Just Earth News | @justearthnews | 05 Sep 2021, 06:43 am Print
Image Credit: Video Grab
Kabul: Posters with female models, mostly those outside salons, were defaced as a gesture to appease the Taliban as the fighter group entered the Afghan capital, Kabul, on August 15.
This desire to appease emanated from an intense fear of the ruthless implementation of Islam by the terrorist group as anything not agreeing with it means torture or even worse, execution.
This also means the end of the beauty and fashion industry in Afghanistan as the Taliban do not want women to attract attention.
Taliban invasion has ruined the hopes of Afghan women, who were mostly raised in a Taliban-free Afghanistan, who worked hard to learn and advance, to bring gender equality, most of all who lived the life of a modern woman.
BBC reported that the Taliban's entry into Kabul dealt a blow on women working in the beauty industry such as makeup artists and salon owners.
The day, the Islamist group entered the city, a 26-year-old makeup artist told BBC, "Women in the beauty industry, especially people like me who were visible and public with our work are targets."
For Afsoon (name changed), Kabul's fall to the Taliban was "takaan khordum" - a Dari phrase - "which means a rare life event that shakes you to your core, after which you will have changed forever - like the death of someone you love, someone central to your life," the report said.
She told BBC she experienced "takaan" on August 15 as a torrent of dread washed over her, making her feel freezing cold and sick.
Through dozens of texts from friends and family and then hundreds of social media posts she learned the Taliban had entered Kabul and within 16 days Western troops and their diplomats were gone from the country.
"Don't come in today," Afsoon's co-worker told her when she rang, BBC reported. "We are closing up. It's over."
Reality hit her hard when she realised it was the end and it was time for her to hide.
Afsoon heard that any poster that represented female beauty was being painted over by scared Kabul residents, the BBC report said.
A male friend of Afsoon, painted over some posters of models himself, in an attempt to appease the Taliban and distract their attention from his female friends with beauty business, the report said.
"There is no way they would approve of seeing unveiled faces, or the necks of women on display," she told BBC. "They have always been very clear on their belief that a woman must not attract attention."

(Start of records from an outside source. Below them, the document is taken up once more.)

-- ===== src/Pdg/Extraction.antt =====
-- PDG.cpp: createSubgraphFromValues as a whole.
use mathlib.Core.List.{reverse, append-nil}
use noelle_public.Dg.Store.{Dg, Edge, find}
use noelle_public.Dg.Invariant.{IsValid}
use noelle_public.Dg.Build.{is_internal, is_external}
use noelle_public.Dg.Description.{describe}
use noelle_public.Dg.Copying.{IsPlain}
use noelle_public.Pdg.Subgraph.{create_subgraph_from_values}
use noelle_public.Pdg.Chosen.{chosen, touches}
use noelle_public.Pdg.Copying.{copy_edges_into_lem}
use noelle_public.Pdg.Copies.{is_internal_same}
use noelle_public.Prelude.{
  ℕ, ◌≡◌, refl, ◌∙◌, ap, Bool, true, false, not, ◌&&◌, Option, none, some, List, [], ◌∷◌, ◌++◌, map,
  has, arith, ◌>>=◌,
}
use noelle_public.Pdg.Values.{pdg_of_values_lem}

-- What a subgraph of a graph for some values has to be: the values are its internal ones, the edges
-- `taken` of the old graph are its edges, the last one first, and their other ends are its external
-- values.
pub record IsSubgraph (old : Dg) (values taken : List ℕ) (g : Dg) : Type 0 where
  pub valid : IsValid g
  pub internals : (t : ℕ) → is_internal g t ≡ has t values
  pub externals : (t : ℕ) → is_external g t ≡ (not (has t values) && touches old t taken)
  pub says : map (describe g) g.all_edges ≡ reverse (map (describe old) taken)

-- The null pointer where there are no values, and else such a subgraph.
abbrev pub IsAnswer : Dg → List ℕ → List ℕ → Option Dg → Type 0
IsAnswer old [] taken r = r ≡ none
IsAnswer old (s ∷ ts) taken r = (g : Dg) × (r ≡ some g) × IsSubgraph old (s ∷ ts) taken g

no_externals : (g : Dg) (t : ℕ) → g.external ≡ [] → is_external g t ≡ false
unfolding is_external find
no_externals g t e = rw e refl

module _ (carried : ℕ → Bool) (old : Dg) (old_valid : IsValid old)
    (plain : (e : ℕ) (x : Edge)
      → has e old.all_edges ≡ true
      → old.edges e ≡ some x
      → IsPlain x) where
  pub some_values_lem :
      (link_to_external : Bool) (ignore : List ℕ) (s : ℕ) (ts : List ℕ)
      → (g : Dg) × (create_subgraph_from_values carried old (s ∷ ts) link_to_external ignore
          ≡ some (some g))
        × IsSubgraph old
            (s ∷ ts)
            (chosen (λ t. has t (s ∷ ts)) old link_to_external ignore old.all_edges)
            g
  unfolding create_subgraph_from_values
  some_values_lem link_to_external ignore s ts =
      let (g, made, bare) = pdg_of_values_lem s ts in
      let (g', run, c) =
        copy_edges_into_lem carried (λ t. has t (s ∷ ts)) old old_valid link_to_external ignore
          plain old.all_edges g bare.valid bare.internals (λ e l. l) in
      (
        g',
        rw (made, ◌>>=◌) (rw (run, ◌>>=◌) refl),
        record {
          valid = c.valid;
          internals = λ t. is_internal_same g g' t c.same_internal ∙ bare.internals t;
          externals =
              λ t. ground (arith, c.externals t, bare.internals t, no_externals g t bare.externals);
          says =
              c.says
              ∙ (ap
                    (λ es.
                      reverse (
                        map (describe old)
                          (chosen (λ t. has t (s ∷ ts)) old link_to_external ignore old.all_edges))
                      ++ map (describe g) es)
                    bare.no_edges
                  ∙ append-nil _);
        },
      )

  -- For a valid graph without undefined dependences and sub-edges, createSubgraphFromValues meets no
  -- null pointer and no failed cast. Without a value it returns the null pointer. With one or more it
  -- makes a valid graph whose internal values are the given ones; its edges are, in kind, flag and
  -- ends, exactly the edges of the graph that are not ignored and have both ends among the values, or,
  -- where external nodes are wanted, one; its external values are the other ends of these edges.
  pub create_subgraph_from_values_lem :
      (link_to_external : Bool) (ignore values : List ℕ)
      → (r : Option Dg) × (create_subgraph_from_values carried old values link_to_external ignore
          ≡ some r)
        × IsAnswer old values
            (chosen (λ t. has t values) old link_to_external ignore old.all_edges)
            r
  unfolding create_subgraph_from_values
  create_subgraph_from_values_lem link_to_external ignore [] = (none, refl, refl)
  create_subgraph_from_values_lem link_to_external ignore (s ∷ ts) =
      let (g, run, sub) = some_values_lem link_to_external ignore s ts in
      (some g, run, (g, refl, sub))
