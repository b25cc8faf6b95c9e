-- ===== src/Pdg/Clone.antt =====
-- PDG.cpp: clone of a graph with its external nodes.
use mathlib.Core.List.{reverse}
use noelle_public.Dg.Store.{Dg, Edge, Node, NodeMap}
use noelle_public.Dg.Invariant.{IsValid}
use noelle_public.Dg.Build.{is_internal, is_external, is_in_graph}
use noelle_public.Dg.Description.{describe}
use noelle_public.Dg.Copying.{IsPlain}
use noelle_public.Prelude.{ℕ, ◌≡◌, Bool, true, false, ◌||◌, Option, some, List, ◌++◌, map, has}

-- Every node of the graph is in one of the maps under its value.
abbrev pub IsMapped : Dg → Type 0
IsMapped g =
    (p : ℕ) (n : Node)
    → has p g.all_nodes ≡ true
    → g.nodes p ≡ some n
    → (is_internal g n.the_t || is_external g n.the_t) ≡ true

-- What a clone of a graph that has values is.
pub record IsClone (old g : Dg) : Type 0 where
  pub valid : IsValid g
  pub all_internal : (t : ℕ) → is_internal g t ≡ is_in_graph old t
  pub none_external : (t : ℕ) → is_external g t ≡ false
  pub same_edges : map (describe g) g.all_edges ≡ reverse (map (describe old) old.all_edges)

abbrev keys : NodeMap → List ℕ
keys m = map (λ (x : ℕ × Option ℕ). x.0) m

module _ (old : Dg) (v : IsValid old) (mapped : IsMapped old) where
  abbrev known : ℕ → Bool
  known t = is_internal old t || is_external old t

module _ (carried : ℕ → Bool) (old : Dg) (v : IsValid old)
    (plain : (e : ℕ) (x : Edge) → has e old.all_edges ≡ true → old.edges e ≡ some x → IsPlain x)
    (mapped : IsMapped old) where
  inside_keys : ℕ → Bool
  inside_keys t = has t (keys old.internal ++ keys old.external)
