-- ===== src/Pdg/Query.antt =====
-- PDG.cpp: the questions about dependences. A callback is a function of the dependence that changes
-- the caller's state; its answer true stops the iteration. `none` is a dereference of something
-- deleted.
use noelle_public.Dg.Store.{Dg, Edge}
use noelle_public.Dg.Node.{get_src, get_dst}
use noelle_public.Dg.Build.{fetch_node}
use noelle_public.Dg.Edge.{is_control_dependence, is_memory_dependence, is_variable_dependence}
use noelle_public.Dg.Query.{num_internal_nodes, num_edges, fetch_edges}
use noelle_public.Prelude.{
  ℕ, Bool, true, false, ◌&&◌, Option, none, some, List, [], ◌∷◌, if◌then◌else◌, ◌>>=◌,
}

unfoldable pub get_number_of_instructions_included : Dg → ℕ
unfolding num_internal_nodes
get_number_of_instructions_included g = num_internal_nodes g

unfoldable pub get_number_of_dependences_between_instructions : Dg → ℕ
unfolding num_edges
get_number_of_dependences_between_instructions g = num_edges g

-- Which dependences are included: control, memory and register.
pub record Kinds : Type 0 where
  pub control : Bool
  pub memory : Bool
  pub register : Bool

module _ {S : Type 0} (call : ℕ → ℕ → S → S × Bool) where
  -- The three tests in a row: the callback runs for the first that holds.
  unfoldable pub visit_dependence : Kinds → ℕ → ℕ → Edge → S → S × Bool
  unfolding is_control_dependence is_memory_dependence is_variable_dependence
  visit_dependence k value e x s =
      if k.control && is_control_dependence x
      then call value e s
      else (if k.memory && is_memory_dependence x
          then call value e s
          else (if k.register && is_variable_dependence x then call value e s else (s, false)))

  -- `end` gives the value at the other end of an edge.
  unfoldable pub visit_dependences : Dg → (ℕ → Option ℕ) → Kinds → List ℕ → S → Option (S × Bool)
  unfolding visit_dependence
  visit_dependences g end k [] s = some (s, false)
  visit_dependences g end k (e ∷ es) s = do
    value ← end e
    x ← g.edges e
    let (s', stop) = visit_dependence k value e x s
    let rest = visit_dependences g end k es s'
    if stop then some (s', true) else rest

  unfoldable pub iterate_over_dependences_from : Dg → ℕ → Kinds → S → Option (Dg × S × Bool)
  unfolding fetch_node get_dst visit_dependences
  iterate_over_dependences_from g from k s = do
    let (g', r) = fetch_node g from
    elim r [
      | none ↦ some (g', s, false)
      | some p ↦ do
        n ← g'.nodes p
        (s', stop) ← visit_dependences g' (get_dst g') k n.outgoing s
        some (g', s', stop)
    ]

  unfoldable pub iterate_over_dependences_to : Dg → ℕ → Kinds → S → Option (Dg × S × Bool)
  unfolding fetch_node get_src visit_dependences
  iterate_over_dependences_to g to k s = do
    let (g', r) = fetch_node g to
    elim r [
      | none ↦ some (g', s, false)
      | some p ↦ do
        n ← g'.nodes p
        (s', stop) ← visit_dependences g' (get_src g') k n.incoming s
        some (g', s', stop)
    ]

unfoldable pub get_dependences : Dg → ℕ → ℕ → Option (Dg × List ℕ)
unfolding fetch_node fetch_edges
get_dependences g from to =
    let (g₁, p) = fetch_node g from in
    let (g₂, q) = fetch_node g₁ to in
    elim p [
      | none ↦ some (g₂, [])
      | some p' ↦ elim q [
        | none ↦ some (g₂, [])
        | some q' ↦ do es ← fetch_edges g₂ p' q'; some (g₂, es)
      ]
    ]
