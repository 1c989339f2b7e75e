-- ===== src/People/Ended.antt =====
-- How the transactions of the handlers of users end.
use walletus.Base.{String, Option, none, some, ◌≡◌, ◌≢◌, refl, ap, sym}
use walletus.People.{PeopleEnv}
use walletus.People.Handlers.{end_tx, commit}
use walletus.Web.{Flow, next, reply, panic, after, answer}
use walletus.Web.Codes.{success}

module _ (e : PeopleEnv) where
  open e use {Db}

  -- A transaction changes the database only if its steps go on to the end.
  commit-changed :
      {A : Type 0} (a : A) (db new : Db) (o : Option String)
      → (commit e a db new o).1 ≢ db
      → (commit e a db new o).1 ≡ new
  unfolding commit
  commit-changed a db new none differs = refl
  commit-changed a db new (some text) differs = absurd (differs refl)

  pub end_tx-changed :
      {A : Type 0} (db : Db) (x : Flow (Unit {0}) A × Db)
      → (end_tx e db x).1 ≢ db
      → (a : A) × (x ≡ (next a, (end_tx e db x).1))
  unfolding end_tx
  end_tx-changed {A} db (next a, new) differs = (
    a,
    ap {B = Flow (Unit {0}) A × Db} (λ d. (next a, d))
        (sym (commit-changed a db new (e.commit_error new) differs)),
  )
  end_tx-changed db (reply res, new) differs = absurd (differs refl)
  end_tx-changed db (panic, new) differs = absurd (differs refl)

  pub after_tx :
      {A : Type 0} (x : Flow (Unit {0}) A × Db)
      → (after (λ _. answer {Db = Db} {P = Unit {0}} {A = Unit {0}} success "success" tt) x).1 ≡ x.1
  unfolding answer
  after_tx (next a, db) = refl
  after_tx (reply res, db) = refl
  after_tx (panic, db) = refl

"It is the end of the beauty industry in Afghanistan," she said.
Women in the beauty business, who do not have a way out, cannot talk about the future, she said.

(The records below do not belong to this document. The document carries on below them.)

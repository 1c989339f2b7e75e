-- ===== src/People/Deleted.antt =====
-- What deleting a user changes.
use walletus.Base.{
  ℕ, false, ok, ◌≡◌, ◌≢◌, ap, sym, ◌∙◌, arith, ◌==◌, nat_eq, string_eq, string_ne, reject, find?,
}
use mathlib.Core.Path.{subst}
use walletus.Base.Decimal.{Bytes}
use walletus.Gorm.{has_key, replace}
use walletus.Model.{PortalUser, user_key}
use walletus.People.{PeopleEnv, IsPeopleEnv}
use walletus.People.Handlers.{end_tx, in_tx, delete_user, portal_user_delete}
use walletus.People.Ended.{end_tx-changed, after_tx}
use walletus.Web.{next, steps, pure}
use walletus.Web.Ended.{>>=-next, or_answer-next, write_or_answer-next, answer_if-next}

module _ (e : PeopleEnv) (laws : IsPeopleEnv e) where
  open e use {Db, users, dept_users, user_wallets}

  -- A user has been deleted: the row stays with its flag set, and the departments and wallets of the
  -- user are gone; nothing else of the three tables changes.
  pub record IsDeleted (user_param : Bytes) (before new : Db) : Type 0 where
    pub user : PortalUser
    pub named : e.first_user_by user_param before ≡ ok user
    pub not_super : user.type ≢ "super_admin"
    pub flagged : users.rows new ≡ replace user_key (record user { flag = 1 }) (users.rows before)
    pub no_depts : dept_users.rows new ≡ reject (λ x. x.user_id == user.id) (dept_users.rows before)
    pub no_wallets :
        user_wallets.rows new ≡ reject (λ x. x.user_id == user.id) (user_wallets.rows before)

  -- The three writes, one after the other.
  writes-IsDeleted :
      (user_param : Bytes) (u row : PortalUser) (n m : ℕ) (db d₁ d₂ d₃ : Db)
      → e.first_user_by user_param db ≡ ok u
      → (u.type == "super_admin") ≡ false
      → dept_users.delete (λ x. x.user_id == u.id) db ≡ ok (n, d₁)
      → users.save (record u { flag = 1 }) d₁ ≡ ok (row, d₂)
      → user_wallets.delete (λ x. x.user_id == u.id) d₂ ≡ ok (m, d₃)
      → IsDeleted user_param db d₃
  writes-IsDeleted user_param u row n m db d₁ d₂ d₃ found plain cleared saved removed =
      let same_users = laws.dept_users_apart.delete_apart _ db cleared in
      let old = ap (find? (has_key user_key u.id)) same_users ∙ laws.found_by user_param db found in
      record {
        user = u;
        named = found;
        not_super = string_ne u.type "super_admin" plain;
        flagged =
            laws.user_wallets_apart.delete_apart _ d₂ removed
            ∙ (laws.users_table.save_rows (record u { flag = 1 }) d₁ old saved).1
            ∙ ap (replace user_key (record u { flag = 1 })) same_users;
        no_depts =
            laws.user_wallets_apart_depts.delete_apart _ d₂ removed
            ∙ laws.users_apart.save_apart _ d₁ saved
            ∙ (laws.dept_users_table.delete_rows _ db cleared).1;
        no_wallets =
            (laws.user_wallets_table.delete_rows _ d₂ removed).1
            ∙ ap (reject (λ x. x.user_id == u.id)) (
                laws.users_apart_wallets.save_apart _ d₁ saved
                ∙ laws.dept_users_apart_wallets.delete_apart _ db cleared);
      }

  delete_user-IsDeleted :
      (user_param : Bytes) (db new : Db) (t : Unit {0})
      → delete_user e user_param db ≡ (next t, new)
      → IsDeleted user_param db new
  unfolding delete_user pure
  delete_user-IsDeleted user_param db new t h =
      let (u, d₁, r₁, h₁) = >>=-next _ _ db t new h in
      let (found, s₁) = or_answer-next tt _ _ db d₁ u r₁ in
      let (_, d₂, r₂, h₂) = >>=-next _ _ d₁ t new h₁ in
      let (plain, s₂) = answer_if-next tt _ _ _ d₁ d₂ _ r₂ in
      let (n, d₃, r₃, h₃) = >>=-next _ _ d₂ t new h₂ in
      let cleared = write_or_answer-next tt _ _ d₂ d₃ n r₃ in
      let (row, d₄, r₄, h₄) = >>=-next _ _ d₃ t new h₃ in
      let saved = write_or_answer-next tt _ _ d₃ d₄ row r₄ in
      let (m, d₅, r₅, h₅) = >>=-next _ _ d₄ t new h₄ in
      let removed = write_or_answer-next tt _ _ d₄ d₅ m r₅ in
      let last : d₅ ≡ new = ground (arith, h₅) in
      let same = sym (s₁ ∙ s₂) in
      subst (IsDeleted user_param db) last (
        writes-IsDeleted user_param u row n m db d₃ d₄ d₅ found plain
          (subst (λ d. dept_users.delete (λ x. x.user_id == u.id) d ≡ ok (n, d₃)) same cleared)
          saved removed)

  -- A deletion of a user that changes the database was asked for a user whom the path finds and who
  -- is no super admin; the user's row stays with its flag set, the user's departments and wallets are
  -- removed, and nothing else of these tables changes.
  pub portal_user_delete-IsDeleted :
      (user_param : Bytes) (db : Db)
      → (portal_user_delete e user_param db).1 ≢ db
      → IsDeleted user_param db (portal_user_delete e user_param db).1
  unfolding portal_user_delete in_tx steps
  portal_user_delete-IsDeleted user_param db differs =
      let body = delete_user e user_param db in
      let ended = end_tx e db body in
      let same : (portal_user_delete e user_param db).1 ≡ ended.1 = after_tx e ended in
      let (t, whole) = end_tx-changed e db body (λ kept. differs (same ∙ kept)) in
      subst (IsDeleted user_param db) (sym same)
        (delete_user-IsDeleted user_param db ended.1 t whole)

She hasn't thought about how she will dress now, or even when she will venture outside, the report said.
The parlour is closed and Afsson and her colleagues all accepted that they will not return to work.
Right now, the colour of a future she imagined has been painted over in thick black paint, and she is in the midst of a shock that has no time limit to recovery, BBC reports.
"Every second I feel like the Taliban will come for me," Afsoon told BBC over the phone.
She considers herself a modern Afghan woman, who loves social media, movies, knows to drive and possesses career ambitions.
Born in the 90s, she doesn't have memories of the previous Taliban regime, when they first banned beauty salons in her country.
Beauty parlours had been a regular part of women's life in Afghanistan as it is in most parts of the world.
In the two decades since the US-led invasion that ousted the Taliban in 2001, more than 200 beauty parlours opened in Kabul alone, with hundreds more in other parts of the country, the BBC report stated.
During her teens, Afsoon visited beauty parlours with the women of her family and follow social media and magazines for glamorous looks.
Everything about the world of beauty and glamour fascinated her - the multi-coloured nail painting, smoky kohl eyeliners, thick brushed eyelashes, dewy sparkling made-up faces, and the glossy blow-dries and swishy long hairstyles, said the BBC report.
She noticed how the makeup artists would bend over and work on their clients to turn them into glamorous divas. She wanted to be one of them.
Eventually, Afsoon realised her dream of working in one of the beauty salons as a successful make-up artist.
The salon where she worked, like all beauty parlours in Kabul, had large windows covered with posters of glamorous women, doubling as advertisements and a shield from the outside world.
Her salon - a tranquil and multi-generational female space - had more than a dozen women inside at any given time. They could be or the clientele - who varied from doctors to journalists, from singers and TV stars to brides prepping for their big day and teenage girls giggling with their mothers on a special bonding day out, reported BBC.
It served a variety of grooming and beauty needs of the women, from festivals and weddings to simple pampering. This meant good business and full slots, especially during festivals like Eid it would take days to book an appointment.
"I love women. I wanted to work and build spaces where women could be free and shine," Afsoon told BBC. "We could relax in a place away from men."
But on Sunday 15 August, the day the Taliban took control of Kabul's presidential palace, her dreams had a silent demise and her years of hard work ended in a day.